YOUR TASK: Return all of the material, keeping each line exactly as it is.

_ _ _

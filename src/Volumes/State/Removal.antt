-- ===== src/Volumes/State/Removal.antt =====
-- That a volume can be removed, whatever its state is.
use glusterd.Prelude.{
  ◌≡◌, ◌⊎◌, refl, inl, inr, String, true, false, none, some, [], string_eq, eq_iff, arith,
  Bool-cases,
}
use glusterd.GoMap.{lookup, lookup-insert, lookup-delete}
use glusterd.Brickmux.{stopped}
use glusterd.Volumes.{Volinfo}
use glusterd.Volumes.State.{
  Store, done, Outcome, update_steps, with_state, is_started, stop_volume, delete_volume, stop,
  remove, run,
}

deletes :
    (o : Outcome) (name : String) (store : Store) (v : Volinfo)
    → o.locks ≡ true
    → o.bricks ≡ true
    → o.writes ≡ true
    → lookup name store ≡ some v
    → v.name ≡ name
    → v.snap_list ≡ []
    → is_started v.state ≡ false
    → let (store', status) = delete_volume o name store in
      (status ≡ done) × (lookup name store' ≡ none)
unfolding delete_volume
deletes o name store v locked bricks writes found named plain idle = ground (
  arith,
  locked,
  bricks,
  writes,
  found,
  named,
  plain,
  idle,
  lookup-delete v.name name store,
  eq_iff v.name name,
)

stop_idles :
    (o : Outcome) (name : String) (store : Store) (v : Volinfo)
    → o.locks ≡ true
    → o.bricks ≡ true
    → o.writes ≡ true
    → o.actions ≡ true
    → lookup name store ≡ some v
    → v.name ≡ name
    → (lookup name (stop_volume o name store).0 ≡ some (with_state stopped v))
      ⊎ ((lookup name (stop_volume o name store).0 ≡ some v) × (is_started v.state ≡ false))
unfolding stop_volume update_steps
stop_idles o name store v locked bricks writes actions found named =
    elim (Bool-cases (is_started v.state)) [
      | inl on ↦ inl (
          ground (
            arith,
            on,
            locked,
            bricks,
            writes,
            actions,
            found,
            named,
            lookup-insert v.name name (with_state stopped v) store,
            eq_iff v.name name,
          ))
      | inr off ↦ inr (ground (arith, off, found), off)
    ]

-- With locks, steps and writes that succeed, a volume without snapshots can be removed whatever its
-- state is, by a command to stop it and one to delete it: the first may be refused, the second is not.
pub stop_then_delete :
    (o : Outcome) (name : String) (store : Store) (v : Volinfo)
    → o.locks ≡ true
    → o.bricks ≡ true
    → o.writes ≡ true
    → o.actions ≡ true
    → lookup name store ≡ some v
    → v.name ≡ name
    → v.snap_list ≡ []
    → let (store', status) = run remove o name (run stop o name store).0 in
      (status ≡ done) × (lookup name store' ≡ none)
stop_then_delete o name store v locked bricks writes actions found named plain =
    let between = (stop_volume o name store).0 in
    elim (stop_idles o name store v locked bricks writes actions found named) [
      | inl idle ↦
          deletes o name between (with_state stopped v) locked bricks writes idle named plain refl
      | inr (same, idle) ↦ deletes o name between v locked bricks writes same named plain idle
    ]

_ _ _

RESPONSE BELOW:
filename src/Volumes/State/Removal.antt
-- ===== src/Volumes/State/Removal.antt =====
-- That a volume can be removed, whatever its state is.
use glusterd.Prelude.{
  ◌≡◌, ◌⊎◌, refl, inl, inr, String, true, false, none, some, [], string_eq, eq_iff, arith,
  Bool-cases,
}
use glusterd.GoMap.{lookup, lookup-insert, lookup-delete}
use glusterd.Brickmux.{stopped}
use glusterd.Volumes.{Volinfo}
use glusterd.Volumes.State.{
  Store, done, Outcome, update_steps, with_state, is_started, stop_volume, delete_volume, stop,
  remove, run,
}

deletes :
    (o : Outcome) (name : String) (store : Store) (v : Volinfo)
    → o.locks ≡ true
    → o.bricks ≡ true
    → o.writes ≡ true
    → lookup name store ≡ some v
    → v.name ≡ name
    → v.snap_list ≡ []
    → is_started v.state ≡ false
    → let (store', status) = delete_volume o name store in
      (status ≡ done) × (lookup name store' ≡ none)
unfolding delete_volume
deletes o name store v locked bricks writes found named plain idle = ground (
  arith,
  locked,
  bricks,
  writes,
  found,
  named,
  plain,
  idle,
  lookup-delete v.name name store,
  eq_iff v.name name,
)

stop_idles :
    (o : Outcome) (name : String) (store : Store) (v : Volinfo)
    → o.locks ≡ true
    → o.bricks ≡ true
    → o.writes ≡ true
    → o.actions ≡ true
    → lookup name store ≡ some v
    → v.name ≡ name
    → (lookup name (stop_volume o name store).0 ≡ some (with_state stopped v))
      ⊎ ((lookup name (stop_volume o name store).0 ≡ some v) × (is_started v.state ≡ false))
unfolding stop_volume update_steps
stop_idles o name store v locked bricks writes actions found named =
    elim (Bool-cases (is_started v.state)) [
      | inl on ↦ inl (
          ground (
            arith,
            on,
            locked,
            bricks,
            writes,
            actions,
            found,
            named,
            lookup-insert v.name name (with_state stopped v) store,
            eq_iff v.name name,
          ))
      | inr off ↦ inr (ground (arith, off, found), off)
    ]

-- With locks, steps and writes that succeed, a volume without snapshots can be removed whatever its
-- state is, by a command to stop it and one to delete it: the first may be refused, the second is not.
pub stop_then_delete :
    (o : Outcome) (name : String) (store : Store) (v : Volinfo)
    → o.locks ≡ true
    → o.bricks ≡ true
    → o.writes ≡ true
    → o.actions ≡ true
    → lookup name store ≡ some v
    → v.name ≡ name
    → v.snap_list ≡ []
    → let (store', status) = run remove o name (run stop o name store).0 in
      (status ≡ done) × (lookup name store' ≡ none)
stop_then_delete o name store v locked bricks writes actions found named plain =
    let between = (stop_volume o name store).0 in
    elim (stop_idles o name store v locked bricks writes actions found named) [
      | inl idle ↦
          deletes o name between (with_state stopped v) locked bricks writes idle named plain refl
      | inr (same, idle) ↦ deletes o name between v locked bricks writes same named plain idle
    ]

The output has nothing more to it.